**Exercise brief:** Your task is to copy all of the data exactly.

**Extracted records:**
-- ===== src/Guard.antt =====
-- include/apr/connection_guard.hpp and src/core/connection_guard.cpp: limits on the connections of
-- the process and of each source IP. A time is a tick count of the steady clock, an argument of each
-- call; counts stay far below 2 ^ 64.
mod Tests
pub mod Counts
pub mod Sessions
pub mod Window
pub mod Rate
use lightapr.Prelude.{
  ℕ, ◌+◌, ◌-◌, Bool, true, false, ◌&&◌, Option, none, some, List, [], ◌∷◌, ◌++◌, ltb, leb, ◌==◌,
  if◌then◌else◌, length,
}
use lightapr.Prelude.Text.{Text}
use lightapr.Prelude.Dict.{Dict, lookup, insert, erase}

-- A limit of 0 is none.
pub record Limits : Type 0 where
  pub max_total_connections : ℕ
  pub max_connections_per_ip : ℕ
  pub max_new_connections_per_ip : ℕ
  pub rate_window : ℕ

pub record Guard : Type 0 where
  pub total : ℕ
  pub per_ip_count : Dict ℕ
  pub per_ip_recent : Dict (List ℕ)

unfoldable pub new : Guard
new = record { total = 0; per_ip_count = []; per_ip_recent = [] }

-- `limit > 0 && n >= limit`
unfoldable pub reached : ℕ → ℕ → Bool
reached limit n = ltb 0 limit && leb limit n

-- `it == end() ? 0 : it->second`; `operator[]` also makes a missing count 0.
unfoldable pub count_of : Text → Dict ℕ → ℕ
count_of ip m = elim (lookup ip m) [ none ↦ 0 | some n ↦ n ]

-- `per_ip_recent_[ip]`, which is an empty deque if there is none. The oldest is in front.
unfoldable pub recent_of : Text → Dict (List ℕ) → List ℕ
recent_of ip m = elim (lookup ip m) [ none ↦ [] | some ts ↦ ts ]

-- The while loop: the front is dropped as long as it is older than the window.
unfoldable pub prune : ℕ → ℕ → List ℕ → List ℕ
prune window now [] = []
prune window now (t ∷ ts) = if ltb window (now - t) then prune window now ts else t ∷ ts

-- The last two statements.
unfoldable pub admit : Guard → Text → Guard
admit g ip = record g {
  total = g.total + 1;
  per_ip_count = insert ip (count_of ip g.per_ip_count + 1) g.per_ip_count;
}

unfoldable pub try_acquire : Limits → Guard → Text → ℕ → Bool × Guard
try_acquire l g ip now =
    let recent = prune l.rate_window now (recent_of ip g.per_ip_recent) in
    if reached l.max_total_connections g.total
    then (false, g)
    else if reached l.max_connections_per_ip (count_of ip g.per_ip_count)
    then (false, g)
    else if ltb 0 l.max_new_connections_per_ip
    then if leb l.max_new_connections_per_ip (length recent)
      then (false, record g { per_ip_recent = insert ip recent g.per_ip_recent })
      else (
        true,
        admit (record g { per_ip_recent = insert ip (recent ++ (now ∷ [])) g.per_ip_recent }) ip,
      )
    else (true, admit g ip)

-- A count is decremented if it is positive, and its entry goes when it is 0.
unfoldable pub release_count : Text → Dict ℕ → Dict ℕ
release_count ip m = elim (lookup ip m) [
  | none ↦ m
  | some n ↦ if ltb 1 n then insert ip (n - 1) m else erase ip m
]

unfoldable pub release : Guard → Text → Guard
release g ip = record g {
  total = if ltb 0 g.total then g.total - 1 else g.total;
  per_ip_count = release_count ip g.per_ip_count;
}

abbrev pub total_connections : Guard → ℕ
total_connections g = g.total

**Result of this exercise:**
-- ===== src/Guard.antt =====
-- include/apr/connection_guard.hpp and src/core/connection_guard.cpp: limits on the connections of
-- the process and of each source IP. A time is a tick count of the steady clock, an argument of each
-- call; counts stay far below 2 ^ 64.
mod Tests
pub mod Counts
pub mod Sessions
pub mod Window
pub mod Rate
use lightapr.Prelude.{
  ℕ, ◌+◌, ◌-◌, Bool, true, false, ◌&&◌, Option, none, some, List, [], ◌∷◌, ◌++◌, ltb, leb, ◌==◌,
  if◌then◌else◌, length,
}
use lightapr.Prelude.Text.{Text}
use lightapr.Prelude.Dict.{Dict, lookup, insert, erase}

-- A limit of 0 is none.
pub record Limits : Type 0 where
  pub max_total_connections : ℕ
  pub max_connections_per_ip : ℕ
  pub max_new_connections_per_ip : ℕ
  pub rate_window : ℕ

pub record Guard : Type 0 where
  pub total : ℕ
  pub per_ip_count : Dict ℕ
  pub per_ip_recent : Dict (List ℕ)

unfoldable pub new : Guard
new = record { total = 0; per_ip_count = []; per_ip_recent = [] }

-- `limit > 0 && n >= limit`
unfoldable pub reached : ℕ → ℕ → Bool
reached limit n = ltb 0 limit && leb limit n

-- `it == end() ? 0 : it->second`; `operator[]` also makes a missing count 0.
unfoldable pub count_of : Text → Dict ℕ → ℕ
count_of ip m = elim (lookup ip m) [ none ↦ 0 | some n ↦ n ]

-- `per_ip_recent_[ip]`, which is an empty deque if there is none. The oldest is in front.
unfoldable pub recent_of : Text → Dict (List ℕ) → List ℕ
recent_of ip m = elim (lookup ip m) [ none ↦ [] | some ts ↦ ts ]

-- The while loop: the front is dropped as long as it is older than the window.
unfoldable pub prune : ℕ → ℕ → List ℕ → List ℕ
prune window now [] = []
prune window now (t ∷ ts) = if ltb window (now - t) then prune window now ts else t ∷ ts

-- The last two statements.
unfoldable pub admit : Guard → Text → Guard
admit g ip = record g {
  total = g.total + 1;
  per_ip_count = insert ip (count_of ip g.per_ip_count + 1) g.per_ip_count;
}

unfoldable pub try_acquire : Limits → Guard → Text → ℕ → Bool × Guard
try_acquire l g ip now =
    let recent = prune l.rate_window now (recent_of ip g.per_ip_recent) in
    if reached l.max_total_connections g.total
    then (false, g)
    else if reached l.max_connections_per_ip (count_of ip g.per_ip_count)
    then (false, g)
    else if ltb 0 l.max_new_connections_per_ip
    then if leb l.max_new_connections_per_ip (length recent)
      then (false, record g { per_ip_recent = insert ip recent g.per_ip_recent })
      else (
        true,
        admit (record g { per_ip_recent = insert ip (recent ++ (now ∷ [])) g.per_ip_recent }) ip,
      )
    else (true, admit g ip)

-- A count is decremented if it is positive, and its entry goes when it is 0.
unfoldable pub release_count : Text → Dict ℕ → Dict ℕ
release_count ip m = elim (lookup ip m) [
  | none ↦ m
  | some n ↦ if ltb 1 n then insert ip (n - 1) m else erase ip m
]

unfoldable pub release : Guard → Text → Guard
release g ip = record g {
  total = if ltb 0 g.total then g.total - 1 else g.total;
  per_ip_count = release_count ip g.per_ip_count;
}

abbrev pub total_connections : Guard → ℕ
total_connections g = g.total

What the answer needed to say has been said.